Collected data

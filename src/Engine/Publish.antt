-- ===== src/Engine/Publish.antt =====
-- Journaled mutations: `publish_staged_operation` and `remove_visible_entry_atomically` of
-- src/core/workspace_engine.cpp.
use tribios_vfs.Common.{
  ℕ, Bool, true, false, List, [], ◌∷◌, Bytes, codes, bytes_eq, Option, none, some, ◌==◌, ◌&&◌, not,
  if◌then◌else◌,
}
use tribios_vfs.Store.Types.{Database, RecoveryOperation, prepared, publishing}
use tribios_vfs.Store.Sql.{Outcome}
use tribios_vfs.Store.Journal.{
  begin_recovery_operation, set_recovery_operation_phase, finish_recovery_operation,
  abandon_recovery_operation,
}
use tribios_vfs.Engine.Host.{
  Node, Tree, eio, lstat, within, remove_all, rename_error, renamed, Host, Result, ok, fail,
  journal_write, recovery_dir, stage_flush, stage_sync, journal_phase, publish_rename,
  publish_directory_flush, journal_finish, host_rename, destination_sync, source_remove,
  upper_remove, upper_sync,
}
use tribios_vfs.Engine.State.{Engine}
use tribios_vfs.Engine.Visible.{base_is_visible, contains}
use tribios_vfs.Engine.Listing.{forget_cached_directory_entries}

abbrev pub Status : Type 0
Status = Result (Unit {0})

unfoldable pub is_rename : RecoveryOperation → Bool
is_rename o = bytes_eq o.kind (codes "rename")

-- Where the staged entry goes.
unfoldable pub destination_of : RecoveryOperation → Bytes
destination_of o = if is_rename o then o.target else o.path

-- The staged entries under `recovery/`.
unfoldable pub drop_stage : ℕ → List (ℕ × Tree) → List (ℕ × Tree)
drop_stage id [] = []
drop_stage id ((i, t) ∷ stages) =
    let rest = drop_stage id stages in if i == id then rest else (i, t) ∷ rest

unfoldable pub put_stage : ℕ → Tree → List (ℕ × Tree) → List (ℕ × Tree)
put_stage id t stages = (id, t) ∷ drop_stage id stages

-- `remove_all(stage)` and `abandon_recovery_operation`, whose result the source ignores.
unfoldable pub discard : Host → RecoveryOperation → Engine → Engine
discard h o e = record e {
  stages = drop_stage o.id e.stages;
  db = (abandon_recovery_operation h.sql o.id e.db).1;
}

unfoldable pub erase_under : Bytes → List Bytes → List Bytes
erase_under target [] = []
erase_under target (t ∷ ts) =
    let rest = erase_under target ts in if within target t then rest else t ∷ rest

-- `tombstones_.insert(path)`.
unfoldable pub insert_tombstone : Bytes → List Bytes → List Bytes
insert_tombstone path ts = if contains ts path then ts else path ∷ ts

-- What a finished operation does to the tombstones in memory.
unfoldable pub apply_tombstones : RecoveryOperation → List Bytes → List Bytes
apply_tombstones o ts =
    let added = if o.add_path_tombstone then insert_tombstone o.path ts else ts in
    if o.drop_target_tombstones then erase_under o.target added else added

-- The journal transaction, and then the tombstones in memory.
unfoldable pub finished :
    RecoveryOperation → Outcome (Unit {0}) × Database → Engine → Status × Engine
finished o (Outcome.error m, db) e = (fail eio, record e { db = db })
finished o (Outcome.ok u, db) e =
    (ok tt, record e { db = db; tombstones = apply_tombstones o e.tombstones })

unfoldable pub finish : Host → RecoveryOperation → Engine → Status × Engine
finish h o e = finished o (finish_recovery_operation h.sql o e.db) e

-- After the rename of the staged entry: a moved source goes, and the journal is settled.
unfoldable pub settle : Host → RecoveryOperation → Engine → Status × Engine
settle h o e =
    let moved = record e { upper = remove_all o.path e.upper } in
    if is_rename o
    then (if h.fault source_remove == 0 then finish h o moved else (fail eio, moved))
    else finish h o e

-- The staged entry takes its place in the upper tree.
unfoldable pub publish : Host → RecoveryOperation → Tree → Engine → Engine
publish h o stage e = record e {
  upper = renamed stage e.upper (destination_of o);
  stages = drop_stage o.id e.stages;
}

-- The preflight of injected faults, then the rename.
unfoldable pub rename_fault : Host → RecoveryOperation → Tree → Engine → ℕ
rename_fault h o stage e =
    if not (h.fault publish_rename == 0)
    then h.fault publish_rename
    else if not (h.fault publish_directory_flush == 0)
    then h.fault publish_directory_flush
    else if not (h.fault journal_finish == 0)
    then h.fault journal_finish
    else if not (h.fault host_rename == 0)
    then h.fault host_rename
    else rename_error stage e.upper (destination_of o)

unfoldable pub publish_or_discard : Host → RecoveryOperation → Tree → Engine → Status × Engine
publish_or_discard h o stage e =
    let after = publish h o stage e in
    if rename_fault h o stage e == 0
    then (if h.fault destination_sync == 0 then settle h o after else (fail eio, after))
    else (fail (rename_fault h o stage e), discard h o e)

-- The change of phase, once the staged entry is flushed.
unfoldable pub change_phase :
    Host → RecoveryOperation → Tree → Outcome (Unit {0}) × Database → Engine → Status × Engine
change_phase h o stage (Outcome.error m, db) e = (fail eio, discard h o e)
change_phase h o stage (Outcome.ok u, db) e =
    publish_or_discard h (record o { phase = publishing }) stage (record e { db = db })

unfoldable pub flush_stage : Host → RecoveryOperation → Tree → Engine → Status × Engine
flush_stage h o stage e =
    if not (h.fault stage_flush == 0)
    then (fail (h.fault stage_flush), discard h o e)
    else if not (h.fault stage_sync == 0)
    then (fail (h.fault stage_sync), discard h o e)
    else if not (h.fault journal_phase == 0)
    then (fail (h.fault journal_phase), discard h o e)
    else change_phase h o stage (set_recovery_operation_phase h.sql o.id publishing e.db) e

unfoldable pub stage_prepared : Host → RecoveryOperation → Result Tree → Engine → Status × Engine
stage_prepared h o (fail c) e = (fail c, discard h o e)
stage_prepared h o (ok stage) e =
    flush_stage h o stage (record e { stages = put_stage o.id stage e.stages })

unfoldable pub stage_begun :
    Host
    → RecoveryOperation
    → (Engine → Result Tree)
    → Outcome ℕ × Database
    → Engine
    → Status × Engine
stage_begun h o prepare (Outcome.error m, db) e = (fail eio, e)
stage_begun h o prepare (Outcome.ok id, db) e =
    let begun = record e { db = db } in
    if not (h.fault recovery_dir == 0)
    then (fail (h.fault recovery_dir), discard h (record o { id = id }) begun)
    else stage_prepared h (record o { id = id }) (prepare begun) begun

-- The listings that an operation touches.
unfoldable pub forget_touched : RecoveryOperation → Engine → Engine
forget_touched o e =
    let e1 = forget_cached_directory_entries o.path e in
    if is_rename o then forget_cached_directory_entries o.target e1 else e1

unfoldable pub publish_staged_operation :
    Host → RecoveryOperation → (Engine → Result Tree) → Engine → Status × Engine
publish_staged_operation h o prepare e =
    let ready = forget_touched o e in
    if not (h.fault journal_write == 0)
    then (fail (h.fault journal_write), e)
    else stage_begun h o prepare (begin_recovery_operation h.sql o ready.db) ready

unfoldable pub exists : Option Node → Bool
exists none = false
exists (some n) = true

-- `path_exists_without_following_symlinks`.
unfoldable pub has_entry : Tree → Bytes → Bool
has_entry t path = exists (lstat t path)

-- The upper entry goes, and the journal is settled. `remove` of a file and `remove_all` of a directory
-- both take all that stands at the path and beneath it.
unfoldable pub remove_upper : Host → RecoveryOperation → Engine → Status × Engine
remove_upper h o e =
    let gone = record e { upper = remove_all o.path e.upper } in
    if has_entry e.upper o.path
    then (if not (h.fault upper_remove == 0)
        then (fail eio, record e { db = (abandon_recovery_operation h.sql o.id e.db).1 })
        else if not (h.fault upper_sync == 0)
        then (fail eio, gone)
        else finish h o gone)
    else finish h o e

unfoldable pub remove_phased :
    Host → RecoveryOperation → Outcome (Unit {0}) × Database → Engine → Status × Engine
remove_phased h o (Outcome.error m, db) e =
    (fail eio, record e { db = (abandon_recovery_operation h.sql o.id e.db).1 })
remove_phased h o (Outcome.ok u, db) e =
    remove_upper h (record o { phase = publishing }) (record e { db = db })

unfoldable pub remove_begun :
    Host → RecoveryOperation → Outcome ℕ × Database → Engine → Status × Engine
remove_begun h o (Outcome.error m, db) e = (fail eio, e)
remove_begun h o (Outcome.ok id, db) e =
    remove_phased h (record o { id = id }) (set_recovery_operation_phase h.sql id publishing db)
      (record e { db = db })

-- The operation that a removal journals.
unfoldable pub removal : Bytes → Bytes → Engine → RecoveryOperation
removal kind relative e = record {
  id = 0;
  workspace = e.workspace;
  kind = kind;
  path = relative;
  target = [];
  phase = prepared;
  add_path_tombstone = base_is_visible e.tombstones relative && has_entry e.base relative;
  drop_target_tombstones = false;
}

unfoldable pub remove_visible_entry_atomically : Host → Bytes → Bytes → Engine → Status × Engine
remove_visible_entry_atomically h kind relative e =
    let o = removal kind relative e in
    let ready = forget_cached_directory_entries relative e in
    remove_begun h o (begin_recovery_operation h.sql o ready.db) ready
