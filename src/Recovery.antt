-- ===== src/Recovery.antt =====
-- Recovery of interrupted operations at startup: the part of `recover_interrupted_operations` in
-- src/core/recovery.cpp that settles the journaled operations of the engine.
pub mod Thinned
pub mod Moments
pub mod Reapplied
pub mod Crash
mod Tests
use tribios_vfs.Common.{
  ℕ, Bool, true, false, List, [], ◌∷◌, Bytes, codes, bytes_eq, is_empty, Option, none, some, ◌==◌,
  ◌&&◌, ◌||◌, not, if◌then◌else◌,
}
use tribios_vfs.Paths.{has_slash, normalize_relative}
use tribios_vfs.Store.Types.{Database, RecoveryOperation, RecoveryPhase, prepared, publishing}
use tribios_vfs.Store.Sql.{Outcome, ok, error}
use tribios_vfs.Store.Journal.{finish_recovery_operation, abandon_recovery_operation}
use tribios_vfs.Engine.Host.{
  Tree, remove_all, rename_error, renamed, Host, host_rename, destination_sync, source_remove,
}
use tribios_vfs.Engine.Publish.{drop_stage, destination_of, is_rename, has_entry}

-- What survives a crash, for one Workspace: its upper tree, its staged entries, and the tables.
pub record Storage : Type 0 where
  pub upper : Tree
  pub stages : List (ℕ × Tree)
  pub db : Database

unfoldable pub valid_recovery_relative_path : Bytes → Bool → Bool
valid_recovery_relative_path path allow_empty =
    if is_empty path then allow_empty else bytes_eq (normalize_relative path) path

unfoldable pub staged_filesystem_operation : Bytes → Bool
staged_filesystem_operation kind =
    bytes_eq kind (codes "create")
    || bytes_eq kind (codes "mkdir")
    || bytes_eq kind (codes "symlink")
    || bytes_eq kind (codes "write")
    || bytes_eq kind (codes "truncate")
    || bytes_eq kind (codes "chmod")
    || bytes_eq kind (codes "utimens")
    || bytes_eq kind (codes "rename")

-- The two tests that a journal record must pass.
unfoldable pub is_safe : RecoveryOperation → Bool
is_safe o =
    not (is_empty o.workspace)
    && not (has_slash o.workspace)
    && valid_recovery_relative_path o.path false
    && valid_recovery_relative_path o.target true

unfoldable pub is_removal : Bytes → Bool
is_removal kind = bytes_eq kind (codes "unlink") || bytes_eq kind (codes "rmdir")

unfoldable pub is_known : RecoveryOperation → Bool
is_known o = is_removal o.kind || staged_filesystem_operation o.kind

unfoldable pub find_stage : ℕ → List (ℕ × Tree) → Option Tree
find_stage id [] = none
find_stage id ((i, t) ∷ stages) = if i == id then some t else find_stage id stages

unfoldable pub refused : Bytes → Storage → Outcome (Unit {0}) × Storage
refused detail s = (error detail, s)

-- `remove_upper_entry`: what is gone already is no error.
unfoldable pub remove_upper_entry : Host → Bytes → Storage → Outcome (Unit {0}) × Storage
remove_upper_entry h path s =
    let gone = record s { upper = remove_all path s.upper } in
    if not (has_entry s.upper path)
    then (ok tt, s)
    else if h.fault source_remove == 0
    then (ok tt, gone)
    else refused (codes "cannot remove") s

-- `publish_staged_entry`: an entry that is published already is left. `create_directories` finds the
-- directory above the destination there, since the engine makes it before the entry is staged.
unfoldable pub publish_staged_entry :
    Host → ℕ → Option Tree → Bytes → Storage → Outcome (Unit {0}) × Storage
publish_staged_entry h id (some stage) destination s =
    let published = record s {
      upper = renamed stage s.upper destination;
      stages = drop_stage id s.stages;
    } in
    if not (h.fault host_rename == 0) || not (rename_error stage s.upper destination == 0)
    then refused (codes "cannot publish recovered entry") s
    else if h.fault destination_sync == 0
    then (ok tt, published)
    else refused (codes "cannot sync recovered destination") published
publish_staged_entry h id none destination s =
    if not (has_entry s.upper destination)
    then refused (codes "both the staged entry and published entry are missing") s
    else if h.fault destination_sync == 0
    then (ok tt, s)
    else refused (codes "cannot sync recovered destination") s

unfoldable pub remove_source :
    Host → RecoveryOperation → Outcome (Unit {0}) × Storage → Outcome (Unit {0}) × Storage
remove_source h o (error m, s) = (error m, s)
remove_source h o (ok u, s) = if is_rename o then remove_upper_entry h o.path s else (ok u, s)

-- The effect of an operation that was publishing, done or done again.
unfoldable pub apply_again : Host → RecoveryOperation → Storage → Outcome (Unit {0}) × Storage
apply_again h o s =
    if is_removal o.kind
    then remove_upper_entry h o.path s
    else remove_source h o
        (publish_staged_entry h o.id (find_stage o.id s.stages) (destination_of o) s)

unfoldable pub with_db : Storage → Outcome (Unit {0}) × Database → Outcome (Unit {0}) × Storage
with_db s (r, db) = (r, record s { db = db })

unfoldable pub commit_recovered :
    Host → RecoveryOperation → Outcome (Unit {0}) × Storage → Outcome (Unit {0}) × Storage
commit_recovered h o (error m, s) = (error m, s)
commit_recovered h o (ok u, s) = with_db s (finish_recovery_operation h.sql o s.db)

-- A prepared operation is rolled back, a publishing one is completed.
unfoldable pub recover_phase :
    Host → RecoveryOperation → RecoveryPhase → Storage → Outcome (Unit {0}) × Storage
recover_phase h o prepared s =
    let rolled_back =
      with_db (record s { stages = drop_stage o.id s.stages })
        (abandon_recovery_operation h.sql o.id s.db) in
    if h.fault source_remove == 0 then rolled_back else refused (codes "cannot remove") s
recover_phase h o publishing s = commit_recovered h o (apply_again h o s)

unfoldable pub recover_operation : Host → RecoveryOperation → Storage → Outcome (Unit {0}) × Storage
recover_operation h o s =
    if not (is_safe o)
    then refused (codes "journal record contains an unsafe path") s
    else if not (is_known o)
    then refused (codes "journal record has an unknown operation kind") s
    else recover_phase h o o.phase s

To do: Filter the entries by the string "Option" and copy each matching line.

Response to this exercise:
  ℕ, Bool, true, false, List, [], ◌∷◌, Bytes, codes, bytes_eq, Option, none, some, ◌==◌, ◌&&◌, not,
unfoldable pub exists : Option Node → Bool
  ℕ, Bool, true, false, List, [], ◌∷◌, Bytes, codes, bytes_eq, is_empty, Option, none, some, ◌==◌,
unfoldable pub find_stage : ℕ → List (ℕ × Tree) → Option Tree
    Host → ℕ → Option Tree → Bytes → Storage → Outcome (Unit {0}) × Storage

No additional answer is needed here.